The development of stem cell-based therapy relies on the availability of adequate supply of healthy donor-derived stem cells. Unfortunately, stem cell therapy faces a major challenge, which is that these cells suffer from premature aging and decreased functional and regenerative capacity when they are removed from the body.
Building on earlier CNL research which suggested that low-dose radiation could have a positive impact on stem cell performance, the Radiobiology team undertook a study to investigate the effects of low-dose radiation exposure on mesenchymal stem and progenitor cells, and endothelial colony forming cells. In the study, these cells were irradiated with varying levels of radiation, and aged in culture in a controlled manner, allowing us to monitor cell proliferation and functional changes.
The results show significant potential for the use of low-dose radiation to improve stem cell therapy. While non- irradiated stem cells aged significantly, cells treated with low-dose radiation demonstrated improved proliferation, mobility and chondogrenic differentiation capacity. Overall, these results provide the first evidence of delayed aging and improved functional properties of these specific stem cells.
CNL is now undertaking further studies to better understand the mechanisms behind the performance improvements.
While exposure to high doses of radiation is clearly dangerous to human beings, there is growing evidence that low doses of ionizing radiation may – surprisingly – be beneficial for people. This experience actually stimulates the activation of repair mechanisms that have long lasting impacts which help protect people against disease. Our studies have shown that low doses don’t pose a threat to humans. Instead, this form of radiation improves your body’s ability to heal itself by boosting your immune system.
Over the years, CNL has conducted studies that show significant improvements from exposure to low dose radiation, particularly with older specimens whose immune systems look much younger following the treatment. These results made us wonder whether we could apply this technique to medical therapies such as cancer treatment. More specifically, CNL considered the use of low dose radiation to supplement an existing form of cancer treatment, known as immune checkpoint therapy.
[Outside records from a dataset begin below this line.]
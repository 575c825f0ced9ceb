-- ===== src/Update/Bundle.antt =====
-- core/update/verify.go: a manifest with its delegation certificate, and when it is believed.
pub mod Accept
use bacchus.Shared.{
  ℕ, ◌-◌, Bool, not, Option, some, String, Bytes, length, ltb, ◌==◌, Result, ok, ◌>>=◌, ◌>>◌,
  refuse_if, or_err, map_err,
}
use bacchus.Delegation
use bacchus.Update.Manifest
use bacchus.Update.Manifest.{
  Error, malformed, not_yet_issued, expired, rollback, delegation_failed, manifest_failed, validate,
}

pub record Bundle : Type 0 where
  pub manifest : Bytes
  pub cert : Bytes

pub record Platform : Type 0 where
  pub delegation : Delegation.Platform
  pub decode_bundle : Bytes → Option Bundle
  pub decode_manifest : Bytes → Option Manifest.Manifest

pub record Verifier : Type 0 where
  pub root : Bytes
  pub revoked : String → Bool

unfoldable pub parse_bundle : Platform → Bytes → Result Error Bundle
parse_bundle p raw = do
  b ← or_err (p.decode_bundle raw) malformed
  refuse_if (length b.manifest == 0) malformed
  refuse_if (length b.cert == 0) malformed
  ok b

unfoldable pub new_verifier : Bytes → Option (String → Bool) → Result Delegation.Error Verifier
new_verifier root revoked = do
  refuse_if (not (length root == Delegation.public_key_size)) Delegation.no_root
  ok (record { root = root; revoked = Delegation.is_revoked revoked })

abbrev pub manifest_error : Delegation.Error → Error
manifest_error Delegation.malformed = malformed
manifest_error e = manifest_failed e

unfoldable pub verify : Platform → Verifier → Bundle → ℕ → ℕ → Result Error Manifest.Manifest
verify p v b now min_seq = do
  cert ← map_err delegation_failed (
      Delegation.verify_delegation_cert p.delegation v.root b.cert Delegation.role_update now
        (some v.revoked))
  body ←
      map_err manifest_error
        (Delegation.open_signed p.delegation cert.key Delegation.tag_update_manifest b.manifest)
  m ← or_err (p.decode_manifest body) malformed
  validate m
  refuse_if (ltb now (m.issued - Delegation.clock_skew)) not_yet_issued
  refuse_if (not (ltb now m.expires)) expired
  refuse_if (ltb m.seq min_seq) rollback
  ok m
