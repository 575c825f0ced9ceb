-- ===== src/Update/Apply.antt =====
-- core/update/apply.go, and the marker of state.go: a verified artifact replaces the binary, the old
-- one is kept beside it, and a release that never confirms is taken back. What each call of the
-- operating system does is an argument; `encode` and `decode` are JSON and `sha` is SHA-256. The
-- trace holds every state of the directory, the latest first, so a crash is a state in it.
pub mod Crash
pub mod Probation
pub mod Windows
pub mod Target
use bacchus.Shared.{
  ℕ, List, [], ◌∷◌, ◌++◌, map, Bool, true, false, not, ◌||◌, Option, none, some, String, Bytes,
  bytes_eq, if◌then◌else◌, Result, ok, err, map_err,
}
use bacchus.Atomicfile
use bacchus.Atomicfile.{Disk, File, Faults, World}
use bacchus.Atomicfile.Install.{start}
use bacchus.Update.Manifest
use bacchus.Update.Manifest.{Artifact, verify_artifact}

pub record Marker : Type 0 where
  pub release : Bytes
  pub previous : String
  pub artifact : Bytes
  pub started : Bool

pub record Platform : Type 0 where
  pub sha : Bytes → Bytes
  pub encode : Marker → Option Bytes
  pub decode : Bytes → Option Marker

-- The directory of a binary: what stands at `target` and at `target.prev`, the staged artifacts by
-- digest, and the file of the marker.
pub record Site : Type 0 where
  pub target : Option Bytes
  pub previous : Option Bytes
  pub staged : Bytes → Option Bytes
  pub marker : Disk

pub record Trail : Type 0 where
  pub site : Site
  pub trace : List Site

-- `true` is an error of that call.
pub record ApplyFaults : Type 0 where
  pub reopen : Bool
  pub marker : Faults
  pub stat_target : Bool
  pub move_aside : Bool
  pub publish : Bool
  pub restore : Bool
  pub remove_marker : Bool

pub data ApplyError : Type 0 where
  reopen_failed marshal_failed stat_failed move_aside_failed publish_failed restore_failed :
      ApplyError
  refused : Manifest.Error → ApplyError
  marker_failed : Atomicfile.Error → ApplyError

-- `target + ".prev"`, as the marker names it.
abbrev pub previous_path : String
previous_path = "target.prev"

abbrev pub verify_content : Platform → Artifact → Option Bytes → Result ApplyError (Unit {0})
verify_content p a none = err reopen_failed
verify_content p a (some content) = map_err refused (verify_artifact p.sha a content)

unfoldable pub verify_file :
    Platform → Bool → Artifact → Option Bytes → Result ApplyError (Unit {0})
verify_file p fails a file = if fails then err reopen_failed else verify_content p a file

abbrev pub goes : Site → Trail → Trail
goes s t = record { site = s; trace = s ∷ t.trace }

-- The states of the marker's file, as states of the directory.
abbrev pub with_marker : Site → Disk → Site
with_marker s d = record s { marker = d }

abbrev marker_written :
    Trail → Result Atomicfile.Error (Unit {0}) × World → Result ApplyError (Unit {0}) × Trail
marker_written t (r, w) = (
  map_err marker_failed r,
  record { site = with_marker t.site w.disk; trace = map (with_marker t.site) w.trace ++ t.trace },
)

abbrev write_encoded : Faults → Option Bytes → Trail → Result ApplyError (Unit {0}) × Trail
write_encoded f none t = (err marshal_failed, t)
write_encoded f (some b) t =
    marker_written t (Atomicfile.write_durable f b 0o600 (start t.site.marker))

unfoldable pub write_marker :
    Platform → Faults → Marker → Trail → Result ApplyError (Unit {0}) × Trail
write_marker p f m t = write_encoded f (p.encode m) t

abbrev pub unmarked : Site → Site
unmarked s = record s { marker = record s.marker { target = none } }

-- `_ = os.Remove(MarkerPath(target))`
unfoldable pub remove_marker : Bool → Trail → Trail
remove_marker fails t = if fails then t else goes (unmarked t.site) t

abbrev pub moved_aside : Site → Site
moved_aside s = record s { target = none; previous = s.target }

abbrev pub moved_back : Site → Site
moved_back s = record s { target = s.previous; previous = none }

abbrev pub published : Bytes → Site → Site
published name s = record s {
  target = s.staged name;
  staged = λ n. if bytes_eq n name then none else s.staged n;
}

-- The rename of the staged file onto the target, and the way back if it fails.
abbrev publish : ApplyFaults → Bytes → Bool → Trail → Result ApplyError (Unit {0}) × Trail
publish f name aside t =
    if not f.publish
    then (ok tt, goes (published name t.site) t)
    else if not aside
    then (err publish_failed, remove_marker f.remove_marker t)
    else if f.restore
    then (err restore_failed, t)
    else (err publish_failed, remove_marker f.remove_marker (goes (moved_back t.site) t))

abbrev replace_target :
    ApplyFaults → Bytes → Option Bytes → Trail → Result ApplyError (Unit {0}) × Trail
replace_target f name none t = publish f name false t
replace_target f name (some old) t =
    if f.move_aside
    then (err move_aside_failed, remove_marker f.remove_marker t)
    else publish f name true (goes (moved_aside t.site) t)

abbrev after_marker :
    ApplyFaults
    → Bytes
    → Result ApplyError (Unit {0}) × Trail
    → Result ApplyError (Unit {0}) × Trail
after_marker f name (err e, t) = (err e, remove_marker f.remove_marker t)
after_marker f name (ok _, t) =
    if f.stat_target
    then (err stat_failed, remove_marker f.remove_marker t)
    else replace_target f name t.site.target t

abbrev pub marker_for : Artifact → Bytes → Marker
marker_for a release = record {
  release = release;
  previous = previous_path;
  artifact = a.sha256;
  started = false;
}

abbrev after_verify :
    Platform
    → ApplyFaults
    → Bytes
    → Artifact
    → Bytes
    → Trail
    → Result ApplyError (Unit {0})
    → Result ApplyError (Unit {0}) × Trail
after_verify p f name a release t (err e) = (err e, t)
after_verify p f name a release t (ok _) =
    after_marker f name (write_marker p f.marker (marker_for a release) t)

-- `name` stands for the path of the staged file.
unfoldable pub apply :
    Platform → ApplyFaults → Bytes → Artifact → Bytes → Trail → Result ApplyError (Unit {0}) × Trail
unfolding write_marker remove_marker
apply p f name a release t =
    after_verify p f name a release t (verify_file p f.reopen a (t.site.staged name))

-- `readMarker`: a marker that does not parse is one, with nothing in it.
abbrev zero_marker : Marker
zero_marker = record { release = []; previous = ""; artifact = []; started = false }

abbrev or_zero : Option Marker → Marker
or_zero none = zero_marker
or_zero (some m) = m

abbrev read_content : Platform → Option File → Option Marker
read_content p none = none
read_content p (some f) = some (or_zero (p.decode f.content))

pub data StartupError : Type 0 where
  read_failed clear_failed demote_failed demoted : StartupError
  claim_failed : ApplyError → StartupError

unfoldable pub read_marker : Platform → Bool → Site → Result StartupError (Option Marker)
read_marker p fails s = if fails then err read_failed else ok (read_content p s.marker.target)

pub record StartupFaults : Type 0 where
  pub read : Bool
  pub stat_previous : Bool
  pub marker : Faults
  pub demote : Bool
  pub remove_marker : Bool

unfoldable pub clear_marker : Bool → Site → Result StartupError (Unit {0}) × Site
clear_marker fails s = if fails then (err clear_failed, s) else (ok tt, unmarked s)

abbrev pub unstarted_kept : Bool → Site → Option Marker → Result StartupError (Unit {0}) × Site
unstarted_kept remove_fails s none = (ok tt, s)
unstarted_kept remove_fails s (some m) =
    if not m.started then (ok tt, s) else clear_marker remove_fails s

abbrev confirm_read :
    Bool → Site → Result StartupError (Option Marker) → Result StartupError (Unit {0}) × Site
confirm_read remove_fails s (err e) = (err e, s)
confirm_read remove_fails s (ok m) = unstarted_kept remove_fails s m

unfoldable pub confirm : Platform → Bool → Bool → Site → Result StartupError (Unit {0}) × Site
unfolding clear_marker read_marker
confirm p read_fails remove_fails s = confirm_read remove_fails s (read_marker p read_fails s)

abbrev claimed : Result ApplyError (Unit {0}) × Trail → Result StartupError (Unit {0}) × Site
claimed (r, t) = (map_err claim_failed r, t.site)

-- `rename(prev, target)` onto what stands there.
abbrev pub demoted_site : Site → Site
demoted_site s = record s { target = s.previous; previous = none }

abbrev demotion_cleared :
    Result StartupError (Unit {0}) × Site → Result StartupError (Unit {0}) × Site
demotion_cleared (ok _, s) = (err demoted, s)
demotion_cleared (err e, s) = (err e, s)

abbrev demote : StartupFaults → Site → Result StartupError (Unit {0}) × Site
demote f s =
    if f.demote
    then (err demote_failed, s)
    else demotion_cleared (clear_marker f.remove_marker (demoted_site s))

abbrev is_missing : Option Bytes → Bool
is_missing none = true
is_missing (some b) = false

abbrev on_marker :
    Platform → StartupFaults → Site → Option Marker → Result StartupError (Unit {0}) × Site
on_marker p f s none = (ok tt, s)
on_marker p f s (some m) =
    if f.stat_previous || is_missing s.previous
    then clear_marker f.remove_marker s
    else if not m.started
    then claimed
        (write_marker p f.marker (record m { started = true }) (record { site = s; trace = [] }))
    else demote f s

abbrev on_read :
    Platform
    → StartupFaults
    → Site
    → Result StartupError (Option Marker)
    → Result StartupError (Unit {0}) × Site
on_read p f s (err e) = (err e, s)
on_read p f s (ok m) = on_marker p f s m

unfoldable pub check_startup :
    Platform → StartupFaults → Site → Result StartupError (Unit {0}) × Site
unfolding write_marker clear_marker read_marker
check_startup p f s = on_read p f s (read_marker p f.read s)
In simple terms, this type of therapy removes the ‘brakes’ from a person’s immune system. Normally, our immune system can differentiate normal cells from foreign cells by molecules known as “checkpoints”, which restrain the immune system when present on a cell. Unfortunately, cancer cells have the ability to conceal themselves from the immune system through the use of these checkpoints. By deactivating these brakes, we can boost our immune response against cancer cells. This therapy has already revolutionized the field, showing a great deal of promise in treating certain cancers.
CNL’s research is the first to suggest that low dose radiation can improve the efficacy of immune checkpoint therapy, which improves a new form of cancer therapy that’s already proven to be effective. CNL recently filed a provisional patent on combining these two therapies for the treatment of colon cancer.
Patent pending on stem cell therapies to treat muscle disease and aging
Researchers in CNL’s Radiobiology and Health department demonstrated some very compelling results treating stem cells with low dose radiation that could lead to new treatments for muscle diseases and aging. Staff in CNL’s Radiobiology group theorized that the exposure of low levels of radiation to muscle stem cells may have therapeutic applications.
CNL found that low dose radiation exposure resulted in a substantial improvement of muscle fiber formation, and that the loss of this capacity – which is routinely observed in a long term culture – is partially reversed through this treatment. Overall, the data indicates that low dose radiation enhances muscle stem cell memory. Although specific mechanisms of this enhancement are unknown, these results open up opportunities for improving the properties of muscle stem cells destined for therapeutic transplantation.